-- ===== src/Case/Write.antt =====
-- `abi_case_encode` and the identities of a case, libabi/src/encode.c. `realloc` and `malloc` say whether
-- the C library grants a block of the size asked for.
use arrow_abi_doctor.Base.{
  ℕ, ◌+◌, ◌/◌, ◌%◌, List, [], ◌∷◌, ◌++◌, Bool, true, false, not, ◌&&◌, ◌||◌, Option, none, some,
  length, take, drop, ltb, ◌==◌, if◌then◌else◌,
}
use arrow_abi_doctor.Bytes.{store_u16, store_u32}
use arrow_abi_doctor.Status.{AbiStatus, ok, no_memory, limit_exceeded, truncated, bad_magic}
use arrow_abi_doctor.Buffer.{AbiBuf, buf_init, Writer, buf_put, buf_u16, buf_u32, ◌then_write◌}
use arrow_abi_doctor.Sha256.{abi_sha256}
use arrow_abi_doctor.Model.{AbiSchemaNode, AbiArrayNode, AbiOp, AbiCase, limit_total_size}
use arrow_abi_doctor.Encode.{
  enc_provenance, enc_allocations, enc_schema_node, enc_array_node, enc_callseq, enc_expected,
}
use arrow_abi_doctor.Validate.{abi_case_validate}
use arrow_abi_doctor.Case.{header_size, id_bytes, magic, bom}

-- The local variables of `abi_case_encode`; `ok` is `good`.
pub record Emit : Type 0 where
  pub payload : AbiBuf
  pub body : AbiBuf
  pub section_count : ℕ
  pub good : Bool

-- `body.size = 0; body.failed = 0;`: the block is kept.
abbrev pub emptied : AbiBuf → AbiBuf
emptied b = record b { content = []; failed = false }

pub data Encoded : Type 0 where
  encoded : List ℕ → Encoded
  not_encoded : AbiStatus → Encoded

module _ (realloc : ℕ → Bool) where
  -- The writes of `enc_section` into the payload.
  unfoldable pub put_section : ℕ → List ℕ → Writer
  put_section tag body =
      buf_u16 realloc tag
      then_write buf_u16 realloc 1
      then_write buf_u32 realloc (length body)
      then_write buf_put realloc body

  abbrev pub counted : Bool × AbiBuf → Emit → Emit
  counted (true, payload) s = record s { payload = payload; section_count = s.section_count + 1 }
  counted (false, payload) s = record s { payload = payload; good = false }

  unfoldable pub enc_section : ℕ → Emit → Emit
  unfolding put_section
  enc_section tag s =
      if s.body.failed || ltb 0xFFFFFFFF (length s.body.content)
      then record s { good = false }
      else counted (put_section tag s.body.content s.payload) s

  abbrev pub wrote : ℕ → Bool × AbiBuf → Emit → Emit
  wrote tag (true, body) s = enc_section tag (record s { body = body })
  wrote tag (false, body) s = record s { body = body; good = false }

  -- ABI_EMIT
  unfoldable pub emit : ℕ → Writer → Emit → Emit
  unfolding enc_section
  emit tag w s =
      let body = emptied s.body in if s.good then wrote tag (w body) s else record s { body = body }

  -- `abi_case_validate` has refused a case without a schema.
  abbrev pub emit_schema : Option AbiSchemaNode → Emit → Emit
  emit_schema none s = s
  emit_schema (some n) s = emit 3 (enc_schema_node realloc n) s

  abbrev pub emit_array : Option AbiArrayNode → Emit → Emit
  emit_array none s = s
  emit_array (some n) s = emit 4 (enc_array_node realloc n) s

  abbrev pub emit_callseq : List AbiOp → Emit → Emit
  emit_callseq [] s = s
  emit_callseq (op ∷ ops) s = emit 5 (enc_callseq realloc (op ∷ ops)) s

  unfoldable pub emit_all : AbiCase → Emit
  unfolding emit
  emit_all c =
      let s₀ : Emit = record {
        payload = buf_init;
        body = buf_init;
        section_count = 0;
        good = true;
      } in
      let s₁ = emit 1 (enc_provenance realloc c.provenance) s₀ in
      let s₂ = emit 2 (enc_allocations realloc c.allocations) s₁ in
      let s₃ = emit_schema c.schema s₂ in
      let s₄ = emit_array c.array s₃ in
      let s₅ = emit_callseq c.ops s₄ in emit 6 (enc_expected realloc c.expected) s₅

  -- The stores into `out`.
  unfoldable pub put_header : AbiCase → Emit → ℕ → List ℕ
  put_header c s total =
      magic
      ++ (store_u16 1
          ++ (store_u16 header_size
              ++ (store_u32 bom
                  ++ (c.cls % 256
                      ∷ 0
                      ∷ (store_u16 0 ++ (store_u32 s.section_count ++ store_u32 total))))))

  -- The rest of `abi_case_encode`, behind the sections.
  unfoldable pub finish_encode : (ℕ → Bool) → AbiCase → Emit → Encoded
  unfolding put_header
  finish_encode malloc c s =
      let payload = s.payload.content in
      let total = header_size + length payload in
      if not s.good || s.payload.failed
      then not_encoded no_memory
      else if ltb limit_total_size total
      then not_encoded limit_exceeded
      else if not (malloc total)
      then not_encoded no_memory
      else encoded (put_header c s total ++ (take id_bytes (abi_sha256 payload) ++ payload))

  -- `if (st != ABI_OK) return st;`
  abbrev pub unless_invalid : AbiStatus → Encoded → Encoded
  unless_invalid ok r = r
  unless_invalid st r = not_encoded st

  unfoldable pub abi_case_encode : (ℕ → Bool) → AbiCase → Encoded
  unfolding emit_all finish_encode
  abi_case_encode malloc c =
      unless_invalid (abi_case_validate c) (finish_encode malloc c (emit_all c))

-- The characters of `digits`.
abbrev digit : ℕ → ℕ
digit n = if ltb n 10 then 48 + n else 87 + n

-- The text before the NUL.
unfoldable pub abi_hex : List ℕ → List ℕ
abi_hex [] = []
abi_hex (b ∷ bs) = digit (b / 16 % 16) ∷ digit (b % 16) ∷ abi_hex bs

pub data CaseId : Type 0 where
  case_id : List ℕ → CaseId
  no_id : AbiStatus → CaseId

unfoldable pub abi_case_id : (ℕ → Bool) → (ℕ → Bool) → AbiCase → CaseId
unfolding abi_hex
abi_case_id realloc malloc c = elim (abi_case_encode realloc malloc c) [
  | encoded bs ↦ case_id (abi_hex (take id_bytes (drop 24 bs)))
  | not_encoded st ↦ no_id st
]

abbrev pub has_magic : List ℕ → Bool
has_magic (m0 ∷ m1 ∷ m2 ∷ m3 ∷ rest) =
    (m0 == 0x41) && ((m1 == 0x42) && ((m2 == 0x49) && (m3 == 0x43)))
has_magic _ = false

unfoldable pub abi_case_id_of_bytes : List ℕ → CaseId
unfolding abi_hex
abi_case_id_of_bytes bs =
    if ltb (length bs) header_size
    then no_id truncated
    else if not (has_magic bs)
    then no_id bad_magic
    else case_id (abi_hex (take id_bytes (drop 24 bs)))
○ ○ ○ ○
* [Assignment]:
Copy out, exactly and alone, the lines of the entries above between the ones holding "let s₂ = emit" and "-- The rest", inclusive.

* [Exercise answer]:
      let s₂ = emit 2 (enc_allocations realloc c.allocations) s₁ in
      let s₃ = emit_schema c.schema s₂ in
      let s₄ = emit_array c.array s₃ in
      let s₅ = emit_callseq c.ops s₄ in emit 6 (enc_expected realloc c.expected) s₅

  -- The stores into `out`.
  unfoldable pub put_header : AbiCase → Emit → ℕ → List ℕ
  put_header c s total =
      magic
      ++ (store_u16 1
          ++ (store_u16 header_size
              ++ (store_u32 bom
                  ++ (c.cls % 256
                      ∷ 0
                      ∷ (store_u16 0 ++ (store_u32 s.section_count ++ store_u32 total))))))

  -- The rest of `abi_case_encode`, behind the sections.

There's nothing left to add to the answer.